# Friend sent me here, and saying Hello



## Sombra2 (Dec 8, 2004)

Hi, I'm here but I'm here to stay.

I'm new to the theater area, I've been doing a live tv broadcast in my school for 3 years. So I'm hoping I'll do alright in a real live situation.


----------



## ccfan213 (Dec 8, 2004)

Hi Dan!

yea evereone not much info in his intro, but this is Dan, he is a senior in high school and lives in central NJ. He just signed up for tech at my school and i have not yet trained him, but i told him to come here since there is such a wealth of information on this site. he is the head (i think) of the video production club (morning announcements) so while he does not know much lighting or sound he is well aquainted with the tech world. and he hopes to learn alot about technical theatre becuase he is going to college next year for some technical/computer type degree.
evereone say HI DAN

this is the part where you all go "HI DAN!" and make him feel welcome ;-)


----------



## SuperCow (Dec 8, 2004)

Hi Dan.
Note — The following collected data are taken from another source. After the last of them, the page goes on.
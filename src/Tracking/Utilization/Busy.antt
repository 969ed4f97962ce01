-- ===== src/Tracking/Utilization/Busy.antt =====
-- What ptop-link-utilization-tracker.cc reports: the intervals hold the time that the link was on.
use hypatia_multicast.Base.{
  ℕ, ◌+◌, ◌-◌, ◌≤◌, ◌<◌, ◌≡◌, refl, sym, ap, subst, ◌∙◌, ◌⊎◌, Bool, true, false, List, [], ◌∷◌,
  ◌++◌, ok, ◌>>=◌, if◌then◌else◌, not, arith, ◌==◌, Bool-cases, inl, inr,
}
use Prim.Native.Nat.{min}
use hypatia_multicast.Tracking.Utilization.{
  PtopLinkUtilizationTracker, new_ptop_link_utilization_tracker, track_utilization,
  finalize_utilization, track_calls,
}
use hypatia_multicast.Tracking.Utilization.Invariant.{
  Tiles, Tiles-of_agree, IsTracking, track_utilization-IsTracking,
}

-- The time before `t` that a link in the state `cur` from `a` to `b` was on.
abbrev pub during : Bool → ℕ → ℕ → ℕ → ℕ
during cur a b t = if cur then min b t - min a t else 0

-- The time before `t` that a link was on, which was in the state `cur` at `prev`, changed its state
-- at the calls and is observed until `stop`.
abbrev pub link_on : Bool → ℕ → List (ℕ × Bool) → ℕ → ℕ → ℕ
link_on cur prev [] stop t = during cur prev stop t
link_on cur prev ((now, on) ∷ cs) stop t = during cur prev now t + link_on on now cs stop t

-- Calls in the order of time, each of which changes the state.
abbrev pub Alternates : Bool → ℕ → List (ℕ × Bool) → ℕ → Type 0
Alternates cur prev [] stop = prev ≤ stop
Alternates cur prev ((now, on) ∷ cs) stop =
    (prev ≤ now) × (on ≡ not cur) × Alternates on now cs stop

-- Intervals of `w` ns from `start` on, and a shorter last one if `stop` needs one; each holds the
-- growth of `busy` over it.
abbrev pub IsUtilization : (ℕ → ℕ) → ℕ → ℕ → List (ℕ × ℕ × ℕ) → ℕ → Type 0
IsUtilization busy w start [] stop = start ≡ stop
IsUtilization busy w start ((left, right, b) ∷ rest) stop =
    (left ≡ start)
    × (b + busy left ≡ busy right)
    × (left < right)
    × (((right ≡ left + w) × IsUtilization busy w right rest stop)
        ⊎ ((right < left + w) × (right ≡ stop) × (rest ≡ [])))

Tiles-IsUtilization :
    (busy : ℕ → ℕ) (w start m : ℕ) (log : List (ℕ × ℕ × ℕ))
    → 0 < w
    → Tiles busy w start log m
    → IsUtilization busy w start log m
Tiles-IsUtilization busy w start m [] p h = h
Tiles-IsUtilization busy w start m ((l, r, b) ∷ log) p h =
    (h.0, h.2, omega arith, inl (h.1, Tiles-IsUtilization busy w r m log p h.3))

Tiles-append_last :
    (busy : ℕ → ℕ) (w start m stop b : ℕ) (log : List (ℕ × ℕ × ℕ))
    → 0 < w
    → Tiles busy w start log m
    → m < stop
    → stop < m + w
    → b + busy m ≡ busy stop
    → IsUtilization busy w start (log ++ (m, stop, b) ∷ []) stop
Tiles-append_last busy w start m stop b [] p h lt short e = (sym h, e, lt, inr (short, refl, refl))
Tiles-append_last busy w start m stop b ((l, r, c) ∷ log) p h lt short e =
    (h.0, h.2, omega arith, inl (h.1, Tiles-append_last busy w r m stop b log p h.3 lt short e))

pub IsTracking-of_agree :
    (busy busy' : ℕ → ℕ) (s : PtopLinkUtilizationTracker)
    → ((t : ℕ) → t ≤ s.prev_time_ns → busy t ≡ busy' t)
    → IsTracking busy s
    → IsTracking busy' s
IsTracking-of_agree busy busy' s agree v = record {
  positive = v.positive;
  ends = v.ends;
  begun = v.begun;
  not_over = v.not_over;
  counted = v.counted;
  is_busy = omega (
    arith,
    v.is_busy,
    agree s.current_interval_start v.begun,
    agree s.prev_time_ns (omega arith),
  );
  tiles =
      Tiles-of_agree busy busy' s.interval_ns 0 s.current_interval_start s.intervals
        (λ t le. agree t (omega (arith, v.begun))) v.tiles;
}

-- A call that ends the state `cur`, where `busy` does not count what comes after the last call.
change_state :
    (busy : ℕ → ℕ) (s : PtopLinkUtilizationTracker) (now : ℕ) (cur : Bool)
    → IsTracking busy s
    → ((t : ℕ) → s.prev_time_ns ≤ t → busy t ≡ busy s.prev_time_ns)
    → s.prev_time_ns ≤ now
    → (t : PtopLinkUtilizationTracker) × (track_utilization s now (not cur) ≡ ok t)
      × IsTracking (λ u. busy u + during cur s.prev_time_ns now u) t
      × (t.prev_time_ns ≡ now)
      × (t.current_state_is_on ≡ not cur)
      × (t.interval_ns ≡ s.interval_ns)
      × (now < t.current_interval_end)
change_state busy s now true v after le =
    track_utilization-IsTracking _ s now false (IsTracking-of_agree busy _ s (λ t h. omega arith) v)
      (λ t from to. omega (arith, after t from)) le
change_state busy s now false v after le =
    track_utilization-IsTracking _ s now true (IsTracking-of_agree busy _ s (λ t h. omega arith) v)
      (λ t from to. omega (arith, after t from)) le

-- The calls of a run, and the call that `FinalizeUtilization` makes at `stop`.
pub run_and_stop :
    (busy : ℕ → ℕ) (s : PtopLinkUtilizationTracker) (cur : Bool) (prev : ℕ) (cs : List (ℕ × Bool))
    (stop : ℕ)
    → IsTracking busy s
    → ((t : ℕ) → prev ≤ t → busy t ≡ busy prev)
    → s.prev_time_ns ≡ prev
    → s.current_state_is_on ≡ cur
    → Alternates cur prev cs stop
    → (t u : PtopLinkUtilizationTracker) × (track_calls s cs ≡ ok t)
      × (track_utilization t stop (not t.current_state_is_on) ≡ ok u)
      × IsTracking (λ x. busy x + link_on cur prev cs stop x) u
      × (u.prev_time_ns ≡ stop)
      × (u.interval_ns ≡ s.interval_ns)
      × (stop < u.current_interval_end)
unfolding track_calls
run_and_stop busy s cur prev [] stop v after e c alt =
    let (u, eq, vu, at, state, width, end) =
      change_state busy s stop cur v (λ t h. rw e (after t (omega arith))) (omega arith) in
    (
      s,
      u,
      refl,
      subst (λ b. track_utilization s stop (not b) ≡ ok u) (sym c) eq,
      subst (λ p. IsTracking (λ x. busy x + during cur p stop x) u) e vu,
      at,
      width,
      end,
    )
run_and_stop busy s cur prev ((now, on) ∷ cs) stop v after e c alt =
    let (t, eq, vt, at, state, width, _) =
      change_state busy s now cur v (λ t h. rw e (after t (omega arith))) (omega arith) in
    let vt' = subst (λ p. IsTracking (λ x. busy x + during cur p now x) t) e vt in
    let (t', u, eq', equ, vu, atu, widthu, end) =
      run_and_stop (λ x. busy x + during cur prev now x) t on now cs stop vt'
        (λ x h. stays cur x h (after x (omega arith)) (after now alt.0)) at (state ∙ sym alt.1)
        alt.2 in
    (
      t',
      u,
      rw (alt.1, eq) eq',
      equ,
      IsTracking-of_agree _ _ u (λ x h. omega arith) vu,
      atu,
      widthu ∙ width,
      end,
    )
  where
    stays :
        (cur : Bool) (x : ℕ)
        → now ≤ x
        → busy x ≡ busy prev
        → busy now ≡ busy prev
        → busy x + during cur prev now x ≡ busy now + during cur prev now now
    stays true x h e1 e2 = omega arith
    stays false x h e1 e2 = omega arith

pub new-IsTracking : (w : ℕ) → 0 < w → IsTracking (λ x. 0) (new_ptop_link_utilization_tracker w)
unfolding new_ptop_link_utilization_tracker
new-IsTracking w h = record {
  positive = h;
  ends = omega arith;
  begun = omega arith;
  not_over = omega arith;
  counted = refl;
  is_busy = refl;
  tiles = refl;
}

-- With an interval of w > 0 ns, after calls in the order of time each of which changes the state of
-- the link (off at first), `FinalizeUtilization` at a time that is not before them returns, its
-- loops ending and its assertions holding. The result has intervals of w ns from 0 on, and a
-- shorter last one if the time is no multiple of w; each holds exactly the time for which the link
-- was on in it.
pub finalize_utilization-link_on :
    (w : ℕ) (cs : List (ℕ × Bool)) (stop : ℕ)
    → 0 < w
    → Alternates false 0 cs stop
    → (s : PtopLinkUtilizationTracker) × ((track_calls (new_ptop_link_utilization_tracker w) cs
          >>= λ t. finalize_utilization t stop)
        ≡ ok s)
      × IsUtilization (link_on false 0 cs stop) w 0 s.intervals stop
unfolding finalize_utilization new_ptop_link_utilization_tracker
finalize_utilization-link_on w cs stop pos_w alt =
    let (t, u, e, eu, v, at, width, end) =
      run_and_stop (λ x. 0) (new_ptop_link_utilization_tracker w) false 0 cs stop
        (new-IsTracking w pos_w) (λ x h. refl) refl refl alt in
    let v' = IsTracking-of_agree _ (link_on false 0 cs stop) u (λ x h. omega arith) v in
    let tiles =
      subst (λ k. Tiles (link_on false 0 cs stop) k 0 u.intervals u.current_interval_start) width
        v'.tiles in
    elim (Bool-cases (stop == u.current_interval_start)) [
      | inl done ↦ (
        u,
        rw (e, eu, done),
        subst (λ k. IsUtilization (link_on false 0 cs stop) w 0 u.intervals k) (ground arith)
            (Tiles-IsUtilization _ w 0 u.current_interval_start u.intervals pos_w tiles),
      )
      | inr more ↦ (
        record u {
          intervals = u.intervals ++ (u.current_interval_start, stop, u.busy_time_counter_ns) ∷ [];
        },
        rw (e, eu, more),
        Tiles-append_last _ w 0 u.current_interval_start stop u.busy_time_counter_ns u.intervals
            pos_w tiles (ground (arith, v'.begun, at)) (omega (arith, v'.ends, width, end))
            (v'.is_busy ∙ ap (link_on false 0 cs stop) at),
      )
    ]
Feel welcome, because you are. This is an incredibly good resource for all things technically theatrical. Just start asking questions, you'll get some great answers here!


----------



## Peter (Dec 9, 2004)

Hey Dan! Welcome!!!

As the year goes on, I might have to ask you about how you run your video sytem, as our school just got one at the end of last year, and so far everyone has been afraid to touch it, or more accurately, let me touch it! As the year goes on, maybe (hopefuly) that will change!

Welcome to ControlBooth.com!



oh ya, and "HI DAN!" feel welcome ;-)


----------